• Exercise: As you work through the listing, transcribe every line exactly as it reads.

• Data for analysis:
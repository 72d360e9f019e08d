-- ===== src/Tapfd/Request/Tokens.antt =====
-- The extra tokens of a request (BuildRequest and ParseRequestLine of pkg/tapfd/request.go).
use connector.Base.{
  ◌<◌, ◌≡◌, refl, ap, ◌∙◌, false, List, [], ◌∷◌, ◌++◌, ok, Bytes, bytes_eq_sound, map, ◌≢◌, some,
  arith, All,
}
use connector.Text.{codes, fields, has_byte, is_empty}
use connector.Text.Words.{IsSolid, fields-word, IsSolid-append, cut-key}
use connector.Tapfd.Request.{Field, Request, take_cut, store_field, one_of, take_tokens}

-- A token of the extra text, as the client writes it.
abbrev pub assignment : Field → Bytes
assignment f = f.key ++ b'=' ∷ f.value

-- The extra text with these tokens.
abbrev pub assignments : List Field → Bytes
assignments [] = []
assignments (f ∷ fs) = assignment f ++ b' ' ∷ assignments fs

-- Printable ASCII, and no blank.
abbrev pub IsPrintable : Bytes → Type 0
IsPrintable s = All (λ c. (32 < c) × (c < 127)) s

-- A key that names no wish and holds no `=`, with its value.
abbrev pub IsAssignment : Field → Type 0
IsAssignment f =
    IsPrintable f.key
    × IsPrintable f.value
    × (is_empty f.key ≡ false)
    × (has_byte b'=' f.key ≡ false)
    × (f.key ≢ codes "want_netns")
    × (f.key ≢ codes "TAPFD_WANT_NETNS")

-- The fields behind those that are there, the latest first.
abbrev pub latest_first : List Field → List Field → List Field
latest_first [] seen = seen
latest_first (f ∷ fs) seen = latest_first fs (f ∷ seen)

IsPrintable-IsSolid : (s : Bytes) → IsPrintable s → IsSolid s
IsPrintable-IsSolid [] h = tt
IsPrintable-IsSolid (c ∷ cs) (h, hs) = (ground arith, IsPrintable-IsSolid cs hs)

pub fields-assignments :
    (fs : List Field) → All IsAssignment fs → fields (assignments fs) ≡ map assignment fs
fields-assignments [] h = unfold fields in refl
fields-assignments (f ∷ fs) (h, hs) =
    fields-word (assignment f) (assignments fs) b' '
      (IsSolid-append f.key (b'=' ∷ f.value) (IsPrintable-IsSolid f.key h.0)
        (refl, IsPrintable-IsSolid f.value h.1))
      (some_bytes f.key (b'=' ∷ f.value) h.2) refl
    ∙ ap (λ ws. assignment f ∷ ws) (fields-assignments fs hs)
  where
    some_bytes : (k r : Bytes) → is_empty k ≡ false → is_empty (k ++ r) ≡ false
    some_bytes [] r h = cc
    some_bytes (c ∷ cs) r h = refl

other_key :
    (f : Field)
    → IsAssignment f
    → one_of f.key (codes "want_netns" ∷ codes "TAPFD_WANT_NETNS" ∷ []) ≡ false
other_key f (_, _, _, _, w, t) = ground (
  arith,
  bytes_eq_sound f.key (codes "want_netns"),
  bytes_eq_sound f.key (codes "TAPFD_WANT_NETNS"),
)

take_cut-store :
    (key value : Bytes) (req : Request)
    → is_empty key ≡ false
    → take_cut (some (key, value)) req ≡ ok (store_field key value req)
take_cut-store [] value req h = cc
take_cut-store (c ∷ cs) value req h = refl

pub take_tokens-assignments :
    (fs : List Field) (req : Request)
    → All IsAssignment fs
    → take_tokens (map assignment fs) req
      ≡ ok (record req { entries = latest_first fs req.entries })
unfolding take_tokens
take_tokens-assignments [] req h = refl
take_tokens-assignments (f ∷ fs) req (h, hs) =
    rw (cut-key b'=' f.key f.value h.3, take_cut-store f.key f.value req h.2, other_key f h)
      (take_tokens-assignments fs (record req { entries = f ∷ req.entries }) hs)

• Solution to the exercise:
repository 72d360e9f019e08d
-- ===== src/Tapfd/Request/Tokens.antt =====
-- The extra tokens of a request (BuildRequest and ParseRequestLine of pkg/tapfd/request.go).
use connector.Base.{
  ◌<◌, ◌≡◌, refl, ap, ◌∙◌, false, List, [], ◌∷◌, ◌++◌, ok, Bytes, bytes_eq_sound, map, ◌≢◌, some,
  arith, All,
}
use connector.Text.{codes, fields, has_byte, is_empty}
use connector.Text.Words.{IsSolid, fields-word, IsSolid-append, cut-key}
use connector.Tapfd.Request.{Field, Request, take_cut, store_field, one_of, take_tokens}

-- A token of the extra text, as the client writes it.
abbrev pub assignment : Field → Bytes
assignment f = f.key ++ b'=' ∷ f.value

-- The extra text with these tokens.
abbrev pub assignments : List Field → Bytes
assignments [] = []
assignments (f ∷ fs) = assignment f ++ b' ' ∷ assignments fs

-- Printable ASCII, and no blank.
abbrev pub IsPrintable : Bytes → Type 0
IsPrintable s = All (λ c. (32 < c) × (c < 127)) s

-- A key that names no wish and holds no `=`, with its value.
abbrev pub IsAssignment : Field → Type 0
IsAssignment f =
    IsPrintable f.key
    × IsPrintable f.value
    × (is_empty f.key ≡ false)
    × (has_byte b'=' f.key ≡ false)
    × (f.key ≢ codes "want_netns")
    × (f.key ≢ codes "TAPFD_WANT_NETNS")

-- The fields behind those that are there, the latest first.
abbrev pub latest_first : List Field → List Field → List Field
latest_first [] seen = seen
latest_first (f ∷ fs) seen = latest_first fs (f ∷ seen)

IsPrintable-IsSolid : (s : Bytes) → IsPrintable s → IsSolid s
IsPrintable-IsSolid [] h = tt
IsPrintable-IsSolid (c ∷ cs) (h, hs) = (ground arith, IsPrintable-IsSolid cs hs)

pub fields-assignments :
    (fs : List Field) → All IsAssignment fs → fields (assignments fs) ≡ map assignment fs
fields-assignments [] h = unfold fields in refl
fields-assignments (f ∷ fs) (h, hs) =
    fields-word (assignment f) (assignments fs) b' '
      (IsSolid-append f.key (b'=' ∷ f.value) (IsPrintable-IsSolid f.key h.0)
        (refl, IsPrintable-IsSolid f.value h.1))
      (some_bytes f.key (b'=' ∷ f.value) h.2) refl
    ∙ ap (λ ws. assignment f ∷ ws) (fields-assignments fs hs)
  where
    some_bytes : (k r : Bytes) → is_empty k ≡ false → is_empty (k ++ r) ≡ false
    some_bytes [] r h = cc
    some_bytes (c ∷ cs) r h = refl

other_key :
    (f : Field)
    → IsAssignment f
    → one_of f.key (codes "want_netns" ∷ codes "TAPFD_WANT_NETNS" ∷ []) ≡ false
other_key f (_, _, _, _, w, t) = ground (
  arith,
  bytes_eq_sound f.key (codes "want_netns"),
  bytes_eq_sound f.key (codes "TAPFD_WANT_NETNS"),
)

take_cut-store :
    (key value : Bytes) (req : Request)
    → is_empty key ≡ false
    → take_cut (some (key, value)) req ≡ ok (store_field key value req)
take_cut-store [] value req h = cc
take_cut-store (c ∷ cs) value req h = refl

pub take_tokens-assignments :
    (fs : List Field) (req : Request)
    → All IsAssignment fs
    → take_tokens (map assignment fs) req
      ≡ ok (record req { entries = latest_first fs req.entries })
unfolding take_tokens
take_tokens-assignments [] req h = refl
take_tokens-assignments (f ∷ fs) req (h, hs) =
    rw (cut-key b'=' f.key f.value h.3, take_cut-store f.key f.value req h.2, other_key f h)
      (take_tokens-assignments fs (record req { entries = f ∷ req.entries }) hs)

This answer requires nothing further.